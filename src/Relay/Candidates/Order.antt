-- ===== src/Relay/Candidates/Order.antt =====
-- Sorting by a comparison: the result is in order, and has the same elements.
use Prim.Native.Nat.{Ordering}
use mathlib.Core.List.Perm
use mathlib.Core.List.{Perm}
use real_layer.Base.{
  ◌≡◌, ◌≢◌, List, [], ◌∷◌, Bool, true, false, arith, All, All-weaken, Bool-cases, inl, inr,
  if◌then◌else◌,
}
use real_layer.Relay.Candidates.{is_gt, insert_by, sort_by}

-- A comparison that orders: of two elements one is not greater, and this carries over.
pub record IsOrder {ℓ} {A : Type ℓ} (cmp : A → A → Ordering) : Type ℓ where
  pub total : (x y : A) → cmp x y ≡ Ordering.gt → cmp y x ≢ Ordering.gt
  pub trans : (x y z : A) → cmp x y ≢ Ordering.gt → cmp y z ≢ Ordering.gt → cmp x z ≢ Ordering.gt

module _ {ℓ} {A : Type ℓ} where
  -- Each element is not greater than those after it.
  abbrev pub IsSorted : (A → A → Ordering) → List A → Type ℓ
  IsSorted cmp [] = Unit
  IsSorted cmp (x ∷ xs) = All (λ y. cmp x y ≢ Ordering.gt) xs × IsSorted cmp xs

  All-insert_by {κ} :
      (p : A → Type κ) (cmp : A → A → Ordering) (x : A) (xs : List A)
      → p x
      → All p xs
      → All p (insert_by cmp x xs)
  unfolding insert_by
  All-insert_by p cmp x [] px h = (px, tt)
  All-insert_by p cmp x (y ∷ ys) px h = elim (Bool-cases (is_gt (cmp x y))) [
    | inl greater ↦ rw greater (h.0, All-insert_by p cmp x ys px h.1)
    | inr rest ↦ rw rest (px, h)
  ]

  pub All-sort_by {κ} :
      (p : A → Type κ) (cmp : A → A → Ordering) (xs : List A) → All p xs → All p (sort_by cmp xs)
  unfolding sort_by
  All-sort_by p cmp [] h = tt
  All-sort_by p cmp (x ∷ xs) h =
      All-insert_by p cmp x (sort_by cmp xs) h.0 (All-sort_by p cmp xs h.1)

  insert_by-All {κ} :
      (p : A → Type κ) (cmp : A → A → Ordering) (x : A) (xs : List A)
      → All p (insert_by cmp x xs)
      → p x × All p xs
  unfolding insert_by
  insert_by-All p cmp x [] h = h
  insert_by-All p cmp x (y ∷ ys) h = by_test (is_gt (cmp x y)) h (insert_by-All p cmp x ys)
    where
      by_test :
          (b : Bool)
          → All p (if b then y ∷ insert_by cmp x ys else x ∷ y ∷ ys)
          → (All p (insert_by cmp x ys) → p x × All p ys)
          → p x × All p (y ∷ ys)
      by_test true h rec = let (px, ps) = rec h.1 in (px, (h.0, ps))
      by_test false h rec = h

  pub sort_by-All {κ} :
      (p : A → Type κ) (cmp : A → A → Ordering) (xs : List A) → All p (sort_by cmp xs) → All p xs
  unfolding sort_by
  sort_by-All p cmp [] h = tt
  sort_by-All p cmp (x ∷ xs) h =
      let (px, ps) = insert_by-All p cmp x (sort_by cmp xs) h in (px, sort_by-All p cmp xs ps)

  insert_by-IsSorted :
      (cmp : A → A → Ordering) (o : IsOrder cmp) (x : A) (xs : List A)
      → IsSorted cmp xs
      → IsSorted cmp (insert_by cmp x xs)
  unfolding insert_by
  insert_by-IsSorted cmp o x [] h = (tt, tt)
  insert_by-IsSorted cmp o x (y ∷ ys) h = elim (Bool-cases (is_gt (cmp x y))) [
    | inl greater ↦ rw greater (
      All-insert_by (λ z. cmp y z ≢ Ordering.gt) cmp x ys (o.total x y (ground arith)) h.0,
      insert_by-IsSorted cmp o x ys h.1,
    )
    | inr rest ↦
        let first : cmp x y ≢ Ordering.gt = λ e. ground arith in
        rw rest ((first, All-weaken (λ z below. o.trans x y z first below) ys h.0), h)
  ]

  pub sort_by-IsSorted :
      (cmp : A → A → Ordering) → IsOrder cmp → (xs : List A) → IsSorted cmp (sort_by cmp xs)
  unfolding sort_by
  sort_by-IsSorted cmp o [] = tt
  sort_by-IsSorted cmp o (x ∷ xs) =
      insert_by-IsSorted cmp o x (sort_by cmp xs) (sort_by-IsSorted cmp o xs)

  insert_by-perm :
      (cmp : A → A → Ordering) (x : A) (xs : List A) → Perm (insert_by cmp x xs) (x ∷ xs)
  unfolding insert_by
  insert_by-perm cmp x [] = Perm.rfl
  insert_by-perm cmp x (y ∷ ys) = elim (Bool-cases (is_gt (cmp x y))) [
    | inl greater ↦
        rw greater (Perm.trans (Perm.cons y (insert_by-perm cmp x ys)) (Perm.swap x y ys))
    | inr rest ↦ rw rest Perm.rfl
  ]

  pub sort_by-perm : (cmp : A → A → Ordering) (xs : List A) → Perm (sort_by cmp xs) xs
  unfolding sort_by
  sort_by-perm cmp [] = Perm.rfl
  sort_by-perm cmp (x ∷ xs) =
      Perm.trans (insert_by-perm cmp x (sort_by cmp xs)) (Perm.cons x (sort_by-perm cmp xs))
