-- ===== src/Relay/Candidates/Precedence.antt =====
-- The order of candidates, told without ranks: health, then status, latency, age and name.
use Prim.Native.Nat.{compare, Ordering}
use real_layer.Base.Bytes.{Bytes}
use real_layer.Base.Text.{as_bytes}
use real_layer.Base.{
  ℕ, ◌≡◌, ◌≢◌, ◌<◌, ◌≤◌, ◌↔◌, ◌⊎◌, inl, inr, refl, [], ◌∷◌, Option, some, none, arith,
}
use real_layer.Network.Session.Primitives.{Primitives}
use real_layer.Relay.State.{
  HealthClass, healthy, degraded_health, unhealthy, RelayStatus, online, status_eq, status_beq_iff,
}
use real_layer.Relay.Candidates.{
  Addresses, RelayCandidate, duration_max, then_with, compare_bytes, compare_candidates,
  health_rank, status_rank, latency_rank, freshness_rank, duration_since,
}

pub data Healthier : HealthClass → HealthClass → Type 0 where
  over_degraded : Healthier healthy degraded_health
  over_unhealthy : Healthier healthy unhealthy
  less_ill : Healthier degraded_health unhealthy

-- A missing latency counts as `Duration::from_secs(u64::MAX)`.
abbrev pub Quicker : Option ℕ → Option ℕ → Type 0
Quicker (some a) (some b) = a < b
Quicker (some a) none = a < duration_max
Quicker none (some b) = duration_max < b
Quicker none none = ⊥

abbrev pub NoSlower : Option ℕ → Option ℕ → Type 0
NoSlower (some a) (some b) = a ≤ b
NoSlower (some a) none = a ≤ duration_max
NoSlower none (some b) = duration_max ≤ b
NoSlower none none = Unit

abbrev pub AsQuick : Option ℕ → Option ℕ → Type 0
AsQuick a b = NoSlower a b × NoSlower b a

-- Seen longer ago; an instant in the future counts as longest ago.
abbrev pub Older : (now a b : ℕ) → Type 0
Older now a b = (b ≤ now) × ((a < b) ⊎ (now < a))

abbrev pub AsOld : (now a b : ℕ) → Type 0
AsOld now a b = (a ≡ b) ⊎ ((now < a) × (now < b))

-- The order of a dictionary.
abbrev pub NoLater : Bytes → Bytes → Type 0
NoLater [] ys = Unit
NoLater (x ∷ xs) [] = ⊥
NoLater (x ∷ xs) (y ∷ ys) = (x < y) ⊎ ((x ≡ y) × NoLater xs ys)

then_with-split :
    (m n : ℕ) (o : Ordering)
    → then_with (compare m n) o ≢ Ordering.gt
    → (m < n) ⊎ ((m ≡ n) × (o ≢ Ordering.gt))
unfolding then_with
then_with-split m n o h = ground (arith, h)

health_rank-lt : (a b : HealthClass) → health_rank b < health_rank a → Healthier a b
unfolding health_rank
health_rank-lt healthy healthy h = absurd (omega arith)
health_rank-lt healthy degraded_health h = over_degraded
health_rank-lt healthy unhealthy h = over_unhealthy
health_rank-lt degraded_health healthy h = absurd (omega arith)
health_rank-lt degraded_health degraded_health h = absurd (omega arith)
health_rank-lt degraded_health unhealthy h = less_ill
health_rank-lt unhealthy healthy h = absurd (omega arith)
health_rank-lt unhealthy degraded_health h = absurd (omega arith)
health_rank-lt unhealthy unhealthy h = absurd (omega arith)

health_rank-eq : (a b : HealthClass) → health_rank b ≡ health_rank a → a ≡ b
unfolding health_rank
health_rank-eq healthy healthy h = refl
health_rank-eq healthy degraded_health h = absurd (omega arith)
health_rank-eq healthy unhealthy h = absurd (omega arith)
health_rank-eq degraded_health healthy h = absurd (omega arith)
health_rank-eq degraded_health degraded_health h = refl
health_rank-eq degraded_health unhealthy h = absurd (omega arith)
health_rank-eq unhealthy healthy h = absurd (omega arith)
health_rank-eq unhealthy degraded_health h = absurd (omega arith)
health_rank-eq unhealthy unhealthy h = refl

status_rank-lt : (a b : RelayStatus) → status_rank b < status_rank a → (a ≡ online) × (b ≢ online)
unfolding status_rank
status_rank-lt a b h = ground (arith, status_beq_iff a online, status_beq_iff b online)

status_rank-eq : (a b : RelayStatus) → status_rank b ≡ status_rank a → (a ≡ online) ↔ (b ≡ online)
unfolding status_rank
status_rank-eq a b h = ground (arith, status_beq_iff a online, status_beq_iff b online)

latency_rank-lt : (a b : Option ℕ) → latency_rank a < latency_rank b → Quicker a b
unfolding latency_rank
latency_rank-lt (some a) (some b) h = h
latency_rank-lt (some a) none h = h
latency_rank-lt none (some b) h = h
latency_rank-lt none none h = absurd (omega arith)

latency_rank-le : (a b : Option ℕ) → latency_rank a ≤ latency_rank b → NoSlower a b
unfolding latency_rank
latency_rank-le (some a) (some b) h = h
latency_rank-le (some a) none h = h
latency_rank-le none (some b) h = h
latency_rank-le none none h = tt

freshness_rank-lt :
    (now a b : ℕ) → now < duration_max → freshness_rank b now < freshness_rank a now → Older now a b
unfolding freshness_rank duration_since
freshness_rank-lt now a b small h = ground (arith, small, h)

freshness_rank-eq :
    (now a b : ℕ) → now < duration_max → freshness_rank b now ≡ freshness_rank a now → AsOld now a b
unfolding freshness_rank duration_since
freshness_rank-eq now a b small h = ground (arith, small, h)

compare_bytes-NoLater : (xs ys : Bytes) → compare_bytes xs ys ≢ Ordering.gt → NoLater xs ys
unfolding compare_bytes
compare_bytes-NoLater [] ys h = tt
compare_bytes-NoLater (x ∷ xs) [] h = absurd (h refl)
compare_bytes-NoLater (x ∷ xs) (y ∷ ys) h = elim (then_with-split x y (compare_bytes xs ys) h) [
  | inl less ↦ inl less
  | inr (same, rest) ↦ inr (same, compare_bytes-NoLater xs ys rest)
]

module _ (lib : Primitives) (addresses : Addresses) where
  open lib use {PeerId}
  open addresses use {Multiaddr}

  abbrev Candidate : Type 0
  Candidate = RelayCandidate PeerId Multiaddr

  abbrev name : Candidate → Bytes
  name c = as_bytes (lib.to_string c.peer_id)

  -- One candidate may stand before another: it is healthier; or as healthy, and online where the
  -- other is not; or alike in both, and quicker; or as quick too, and seen longer ago; or as old too,
  -- and its name is no later.
  pub data Before (now : ℕ) (x y : Candidate) : Type 0 where
    healthier : Healthier x.health y.health → Before now x y
    online_first : x.health ≡ y.health → x.status ≡ online → y.status ≢ online → Before now x y
    quicker :
        x.health ≡ y.health
        → ((x.status ≡ online) ↔ (y.status ≡ online))
        → Quicker x.latency y.latency
        → Before now x y
    older :
        x.health ≡ y.health
        → ((x.status ≡ online) ↔ (y.status ≡ online))
        → AsQuick x.latency y.latency
        → Older now x.last_seen y.last_seen
        → Before now x y
    named :
        x.health ≡ y.health
        → ((x.status ≡ online) ↔ (y.status ≡ online))
        → AsQuick x.latency y.latency
        → AsOld now x.last_seen y.last_seen
        → NoLater (name x) (name y)
        → Before now x y

  pub compare_candidates-Before :
      (now : ℕ) (x y : Candidate)
      → now < duration_max
      → compare_candidates lib addresses now x y ≢ Ordering.gt
      → Before now x y
  unfolding compare_candidates
  compare_candidates-Before now x y small h =
      elim (then_with-split (health_rank y.health) (health_rank x.health) _ h) [
        | inl health ↦ healthier (health_rank-lt x.health y.health health)
        | inr (health, h₁) ↦
            let alike = health_rank-eq x.health y.health health in
            elim (then_with-split (status_rank y.status) (status_rank x.status) _ h₁) [
              | inl status ↦
                  let (up, down) = status_rank-lt x.status y.status status in
                  online_first alike up down
              | inr (status, h₂) ↦
                  let both = status_rank-eq x.status y.status status in
                  elim (then_with-split (latency_rank x.latency) (latency_rank y.latency) _ h₂) [
                    | inl latency ↦ quicker alike both (latency_rank-lt x.latency y.latency latency)
                    | inr (latency, h₃) ↦
                        let quick : AsQuick x.latency y.latency = (
                          latency_rank-le x.latency y.latency (omega (arith, latency)),
                          latency_rank-le y.latency x.latency (omega (arith, latency)),
                        ) in
                        elim (then_with-split (freshness_rank y.last_seen now)
                          (freshness_rank x.last_seen now) _ h₃) [
                            | inl age ↦
                                older alike both quick
                                  (freshness_rank-lt now x.last_seen y.last_seen small age)
                            | inr (age, h₄) ↦
                                named alike both quick
                                  (freshness_rank-eq now x.last_seen y.last_seen small age)
                                  (compare_bytes-NoLater (name x) (name y) h₄)
                          ]
                  ]
            ]
      ]

  -- Of two healthy candidates that are online, the one that is ranked first is no slower.
  pub compare_candidates-NoSlower :
      (now : ℕ) (x y : Candidate)
      → x.health ≡ healthy
      → y.health ≡ healthy
      → x.status ≡ online
      → y.status ≡ online
      → compare_candidates lib addresses now x y ≢ Ordering.gt
      → NoSlower x.latency y.latency
  unfolding compare_candidates health_rank status_rank
  compare_candidates-NoSlower now x y hx hy sx sy h =
      latency_rank-le x.latency y.latency
        (elim (then_with-split (latency_rank x.latency) (latency_rank y.latency) _
          (rw (hx, hy, sx, sy, then_with) at h)) [
            | inl less ↦ omega (arith, less)
            | inr (same, rest) ↦ omega (arith, same)
          ])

◆ TASK DETAILS
The stretch of entries above that starts with the line containing "abbrev pub NoSlower" and goes on through the line containing "Older now a b = (b" is to be transcribed exactly, and no other line is to be transcribed.

◆ SOLUTION TO THIS TASK
abbrev pub NoSlower : Option ℕ → Option ℕ → Type 0
NoSlower (some a) (some b) = a ≤ b
NoSlower (some a) none = a ≤ duration_max
NoSlower none (some b) = duration_max ≤ b
NoSlower none none = Unit

abbrev pub AsQuick : Option ℕ → Option ℕ → Type 0
AsQuick a b = NoSlower a b × NoSlower b a

-- Seen longer ago; an instant in the future counts as longest ago.
abbrev pub Older : (now a b : ℕ) → Type 0
Older now a b = (b ≤ now) × ((a < b) ⊎ (now < a))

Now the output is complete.